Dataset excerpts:
★ ★ ★ ★ ★
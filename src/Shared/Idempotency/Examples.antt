-- ===== src/Shared/Idempotency/Examples.antt =====
-- A request that is made three times, once with another body.
use crmtsi_app.Common.{◌≡◌, ◌≢◌, ◌⊎◌, refl, String, some, List, [], ◌∷◌, ok, err}
use crmtsi_app.Shared.Idempotency.{
  Record, completed, Scope, new_record, repeated, claim_idempotency, claim_at, Call, claims,
  resolves, run,
}
use crmtsi_app.Shared.Idempotency.Once.{first_response, claim_idempotency_once}

abbrev scope : Scope
scope = record { tenant_id = "t"; key = "k"; operation = "privacy.request" }

abbrev body : String
body = "request"

abbrev calls : List Call
calls = resolves scope (202, "{}") ∷ claims scope "other" ∷ []

abbrev completed_record : Record
completed_record = record (new_record scope body) {
  status = completed;
  response = some (202, "{}");
}

claim_idempotency_once_example :
    ((body ≡ body)
      × ((claim_idempotency scope body (run (claim_idempotency scope body []).0 calls)).1
          ≡ ok (repeated completed_record)))
    ⊎ ((body ≢ body)
        × ((claim_idempotency scope body (run (claim_idempotency scope body []).0 calls)).1
            ≡ err "IDEMPOTENCY_CONFLICT"))
unfolding claim_idempotency claim_at first_response
claim_idempotency_once_example = claim_idempotency_once scope body body [] calls refl
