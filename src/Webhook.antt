-- ===== src/Webhook.antt =====
-- webhook-worker.js: the queue of inbound events, whose expired leases are claimed again. Times are
-- milliseconds.
mod Examples
pub mod Reclaim
use crmtsi_app.Common.{
  ℕ, ◌+◌, String, Bool, true, false, not, ◌&&◌, ◌||◌, Option, none, some, List, [], ◌∷◌, map, ltb,
  leb, ◌==◌, str_eq, if◌then◌else◌, Text, codes, take,
}
use crmtsi_app.Outbox.{Thrown, next_retry_at}

pub data Status : Type 0 where
  pending processing processed failed dead_letter : Status

pub record Event : Type 0 where
  pub id : String
  pub channel_id : String
  pub tenant_id : String
  pub payload : String
  pub status : Status
  pub attempts : ℕ
  pub max_attempts : ℕ
  pub available_at : ℕ
  pub received_at : ℕ
  pub locked_at : Option ℕ
  pub locked_by : Option String
  pub lease_token : Option String
  pub processing_error : Option Text

abbrev is_ready : Status → Bool
is_ready pending = true
is_ready failed = true
is_ready _ = false

abbrev is_processing : Status → Bool
is_processing processing = true
is_processing _ = false

abbrev older_than : ℕ → ℕ → Option ℕ → Bool
older_than age now none = false
older_than age now (some t) = ltb (t + age) now

pub is_due : ℕ → Event → Bool
is_due now e =
    (is_ready e.status && leb e.available_at now && ltb e.attempts e.max_attempts)
    || (is_processing e.status
        && older_than 120000 now e.locked_at
        && ltb e.attempts e.max_attempts)

-- `order by available_at, received_at`
pub before : Event → Event → Bool
before a b =
    ltb a.available_at b.available_at
    || (a.available_at == b.available_at && ltb a.received_at b.received_at)

abbrev earlier : Event → Option Event → Option Event
earlier e none = some e
earlier e (some k) = if before k e then some k else some e

-- `locked` holds of the rows that other transactions have locked, which are skipped.
pub next_event : ℕ → (String → Bool) → List Event → Option Event
unfolding is_due before
next_event now locked [] = none
next_event now locked (e ∷ es) =
    let rest = next_event now locked es in
    if is_due now e && not (locked e.id) then earlier e rest else rest

abbrev pub leased : ℕ → String → String → Event → Event
leased now worker token e = record e {
  status = processing;
  locked_at = some now;
  locked_by = some worker;
  lease_token = some token;
}

pub lease_row : ℕ → String → String → String → Event → Event
lease_row now worker token id e = if str_eq e.id id then leased now worker token e else e

abbrev pub finish_claim :
    ℕ → String → String → List Event → Option Event → List Event × Option Event
finish_claim now worker token rows none = (rows, none)
finish_claim now worker token rows (some e) =
    (map (lease_row now worker token e.id) rows, some (leased now worker token e))

-- `token` is the random UUID of the lease.
pub claim_next_webhook :
    ℕ → String → String → (String → Bool) → List Event → List Event × Option Event
claim_next_webhook now worker token locked rows =
    finish_claim now worker token rows (next_event now locked rows)

abbrev sql_eq : Option String → Option String → Bool
sql_eq (some s) (some t) = str_eq s t
sql_eq _ _ = false

abbrev pub has_lease : Event → Event → Bool
has_lease event row =
    str_eq row.id event.id
    && is_processing row.status
    && sql_eq row.locked_by event.locked_by
    && sql_eq row.lease_token event.lease_token

abbrev unlock : Event → Event
unlock row = record row { locked_at = none; locked_by = none; lease_token = none }

pub processed_row : Event → Event → Event
processed_row event row =
    if has_lease event row
    then record (unlock row) { status = processed; processing_error = none }
    else row

pub row_count : Event → List Event → ℕ
row_count event [] = 0
row_count event (r ∷ rows) =
    if has_lease event r then row_count event rows + 1 else row_count event rows

pub mark_webhook_processed : Event → List Event → List Event × Bool
unfolding processed_row row_count
mark_webhook_processed event rows = (map (processed_row event) rows, row_count event rows == 1)

abbrev or_shown : Text → Text → Text
or_shown [] shown = shown
or_shown message shown = message

abbrev reason_of : Option Thrown → Text
reason_of none = codes "webhook processing failure"
reason_of (some e) = or_shown e.message e.shown

pub failed_row : Event → Bool → ℕ → Text → Event → Event
failed_row event dead retry_at reason row =
    if has_lease event row
    then record (unlock row) {
      status = if dead then dead_letter else failed;
      attempts = event.attempts + 1;
      available_at = retry_at;
      processing_error = some reason;
    }
    else row

-- The retry is that of nextRetryAt, which both workers have alike. The answer is
-- whether the report was accepted, and whether the event is dead.
pub mark_webhook_failed : Event → Option Thrown → ℕ → List Event → List Event × Bool × Bool
unfolding failed_row row_count
mark_webhook_failed event error now rows =
    let dead = leb event.max_attempts (event.attempts + 1) in
    (
      map
          (failed_row event dead (next_retry_at (event.attempts + 1) now)
            (take 1000 (reason_of error)))
          rows,
      row_count event rows == 1,
      dead,
    )

pub data Outcome : Type 0 where
  done lease_lost dead retrying : Outcome

pub record Round : Type 0 where
  pub id : String
  pub outcome : Outcome

-- What `processEvent` does: it returns, or it throws.
abbrev pub Processing : Type 0
Processing = Event → Option (Option Thrown)

abbrev failure_outcome : Bool → Bool → Outcome
failure_outcome accepted is_dead =
    if accepted then (if is_dead then dead else retrying) else lease_lost

report : ℕ → Event → Option (Option Thrown) → List Event → List Event × Option Round
unfolding mark_webhook_processed mark_webhook_failed
report now event none rows =
    let (rows', accepted) = mark_webhook_processed event rows in
    (rows', some (record { id = event.id; outcome = if accepted then done else lease_lost }))
report now event (some error) rows =
    let (rows', accepted, is_dead) = mark_webhook_failed event error now rows in
    (rows', some (record { id = event.id; outcome = failure_outcome accepted is_dead }))

abbrev work : Processing → ℕ → List Event → Option Event → List Event × Option Round
work process now rows none = (rows, none)
work process now rows (some event) = report now event (process event) rows

-- `now` is the time of the claim and `later` that of the report.
pub process_one_webhook :
    Processing
    → String
    → (String → Bool)
    → (now later : ℕ) → String
    → List Event
    → List Event × Option Round
unfolding report
process_one_webhook process worker locked now later token rows =
    let (rows', event) = claim_next_webhook now worker token locked rows in
    work process later rows' event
★ ★ ★ ★ ★
EXERCISE AIM: Would you please print every record exactly as written?

TASK SOLUTION:
filename src/Shared/Idempotency/Examples.antt
-- ===== src/Shared/Idempotency/Examples.antt =====
-- A request that is made three times, once with another body.
use crmtsi_app.Common.{◌≡◌, ◌≢◌, ◌⊎◌, refl, String, some, List, [], ◌∷◌, ok, err}
use crmtsi_app.Shared.Idempotency.{
  Record, completed, Scope, new_record, repeated, claim_idempotency, claim_at, Call, claims,
  resolves, run,
}
use crmtsi_app.Shared.Idempotency.Once.{first_response, claim_idempotency_once}

abbrev scope : Scope
scope = record { tenant_id = "t"; key = "k"; operation = "privacy.request" }

abbrev body : String
body = "request"

abbrev calls : List Call
calls = resolves scope (202, "{}") ∷ claims scope "other" ∷ []

abbrev completed_record : Record
completed_record = record (new_record scope body) {
  status = completed;
  response = some (202, "{}");
}

claim_idempotency_once_example :
    ((body ≡ body)
      × ((claim_idempotency scope body (run (claim_idempotency scope body []).0 calls)).1
          ≡ ok (repeated completed_record)))
    ⊎ ((body ≢ body)
        × ((claim_idempotency scope body (run (claim_idempotency scope body []).0 calls)).1
            ≡ err "IDEMPOTENCY_CONFLICT"))
unfolding claim_idempotency claim_at first_response
claim_idempotency_once_example = claim_idempotency_once scope body body [] calls refl
filename src/Webhook.antt
-- ===== src/Webhook.antt =====
-- webhook-worker.js: the queue of inbound events, whose expired leases are claimed again. Times are
-- milliseconds.
mod Examples
pub mod Reclaim
use crmtsi_app.Common.{
  ℕ, ◌+◌, String, Bool, true, false, not, ◌&&◌, ◌||◌, Option, none, some, List, [], ◌∷◌, map, ltb,
  leb, ◌==◌, str_eq, if◌then◌else◌, Text, codes, take,
}
use crmtsi_app.Outbox.{Thrown, next_retry_at}

pub data Status : Type 0 where
  pending processing processed failed dead_letter : Status

pub record Event : Type 0 where
  pub id : String
  pub channel_id : String
  pub tenant_id : String
  pub payload : String
  pub status : Status
  pub attempts : ℕ
  pub max_attempts : ℕ
  pub available_at : ℕ
  pub received_at : ℕ
  pub locked_at : Option ℕ
  pub locked_by : Option String
  pub lease_token : Option String
  pub processing_error : Option Text

abbrev is_ready : Status → Bool
is_ready pending = true
is_ready failed = true
is_ready _ = false

abbrev is_processing : Status → Bool
is_processing processing = true
is_processing _ = false

abbrev older_than : ℕ → ℕ → Option ℕ → Bool
older_than age now none = false
older_than age now (some t) = ltb (t + age) now

pub is_due : ℕ → Event → Bool
is_due now e =
    (is_ready e.status && leb e.available_at now && ltb e.attempts e.max_attempts)
    || (is_processing e.status
        && older_than 120000 now e.locked_at
        && ltb e.attempts e.max_attempts)

-- `order by available_at, received_at`
pub before : Event → Event → Bool
before a b =
    ltb a.available_at b.available_at
    || (a.available_at == b.available_at && ltb a.received_at b.received_at)

abbrev earlier : Event → Option Event → Option Event
earlier e none = some e
earlier e (some k) = if before k e then some k else some e

-- `locked` holds of the rows that other transactions have locked, which are skipped.
pub next_event : ℕ → (String → Bool) → List Event → Option Event
unfolding is_due before
next_event now locked [] = none
next_event now locked (e ∷ es) =
    let rest = next_event now locked es in
    if is_due now e && not (locked e.id) then earlier e rest else rest

abbrev pub leased : ℕ → String → String → Event → Event
leased now worker token e = record e {
  status = processing;
  locked_at = some now;
  locked_by = some worker;
  lease_token = some token;
}

pub lease_row : ℕ → String → String → String → Event → Event
lease_row now worker token id e = if str_eq e.id id then leased now worker token e else e

abbrev pub finish_claim :
    ℕ → String → String → List Event → Option Event → List Event × Option Event
finish_claim now worker token rows none = (rows, none)
finish_claim now worker token rows (some e) =
    (map (lease_row now worker token e.id) rows, some (leased now worker token e))

-- `token` is the random UUID of the lease.
pub claim_next_webhook :
    ℕ → String → String → (String → Bool) → List Event → List Event × Option Event
claim_next_webhook now worker token locked rows =
    finish_claim now worker token rows (next_event now locked rows)

abbrev sql_eq : Option String → Option String → Bool
sql_eq (some s) (some t) = str_eq s t
sql_eq _ _ = false

abbrev pub has_lease : Event → Event → Bool
has_lease event row =
    str_eq row.id event.id
    && is_processing row.status
    && sql_eq row.locked_by event.locked_by
    && sql_eq row.lease_token event.lease_token

abbrev unlock : Event → Event
unlock row = record row { locked_at = none; locked_by = none; lease_token = none }

pub processed_row : Event → Event → Event
processed_row event row =
    if has_lease event row
    then record (unlock row) { status = processed; processing_error = none }
    else row

pub row_count : Event → List Event → ℕ
row_count event [] = 0
row_count event (r ∷ rows) =
    if has_lease event r then row_count event rows + 1 else row_count event rows

pub mark_webhook_processed : Event → List Event → List Event × Bool
unfolding processed_row row_count
mark_webhook_processed event rows = (map (processed_row event) rows, row_count event rows == 1)

abbrev or_shown : Text → Text → Text
or_shown [] shown = shown
or_shown message shown = message

abbrev reason_of : Option Thrown → Text
reason_of none = codes "webhook processing failure"
reason_of (some e) = or_shown e.message e.shown

pub failed_row : Event → Bool → ℕ → Text → Event → Event
failed_row event dead retry_at reason row =
    if has_lease event row
    then record (unlock row) {
      status = if dead then dead_letter else failed;
      attempts = event.attempts + 1;
      available_at = retry_at;
      processing_error = some reason;
    }
    else row

-- The retry is that of nextRetryAt, which both workers have alike. The answer is
-- whether the report was accepted, and whether the event is dead.
pub mark_webhook_failed : Event → Option Thrown → ℕ → List Event → List Event × Bool × Bool
unfolding failed_row row_count
mark_webhook_failed event error now rows =
    let dead = leb event.max_attempts (event.attempts + 1) in
    (
      map
          (failed_row event dead (next_retry_at (event.attempts + 1) now)
            (take 1000 (reason_of error)))
          rows,
      row_count event rows == 1,
      dead,
    )

pub data Outcome : Type 0 where
  done lease_lost dead retrying : Outcome

pub record Round : Type 0 where
  pub id : String
  pub outcome : Outcome

-- What `processEvent` does: it returns, or it throws.
abbrev pub Processing : Type 0
Processing = Event → Option (Option Thrown)

abbrev failure_outcome : Bool → Bool → Outcome
failure_outcome accepted is_dead =
    if accepted then (if is_dead then dead else retrying) else lease_lost

report : ℕ → Event → Option (Option Thrown) → List Event → List Event × Option Round
unfolding mark_webhook_processed mark_webhook_failed
report now event none rows =
    let (rows', accepted) = mark_webhook_processed event rows in
    (rows', some (record { id = event.id; outcome = if accepted then done else lease_lost }))
report now event (some error) rows =
    let (rows', accepted, is_dead) = mark_webhook_failed event error now rows in
    (rows', some (record { id = event.id; outcome = failure_outcome accepted is_dead }))

abbrev work : Processing → ℕ → List Event → Option Event → List Event × Option Round
work process now rows none = (rows, none)
work process now rows (some event) = report now event (process event) rows

-- `now` is the time of the claim and `later` that of the report.
pub process_one_webhook :
    Processing
    → String
    → (String → Bool)
    → (now later : ℕ) → String
    → List Event
    → List Event × Option Round
unfolding report
process_one_webhook process worker locked now later token rows =
    let (rows', event) = claim_next_webhook now worker token locked rows in
    work process later rows' event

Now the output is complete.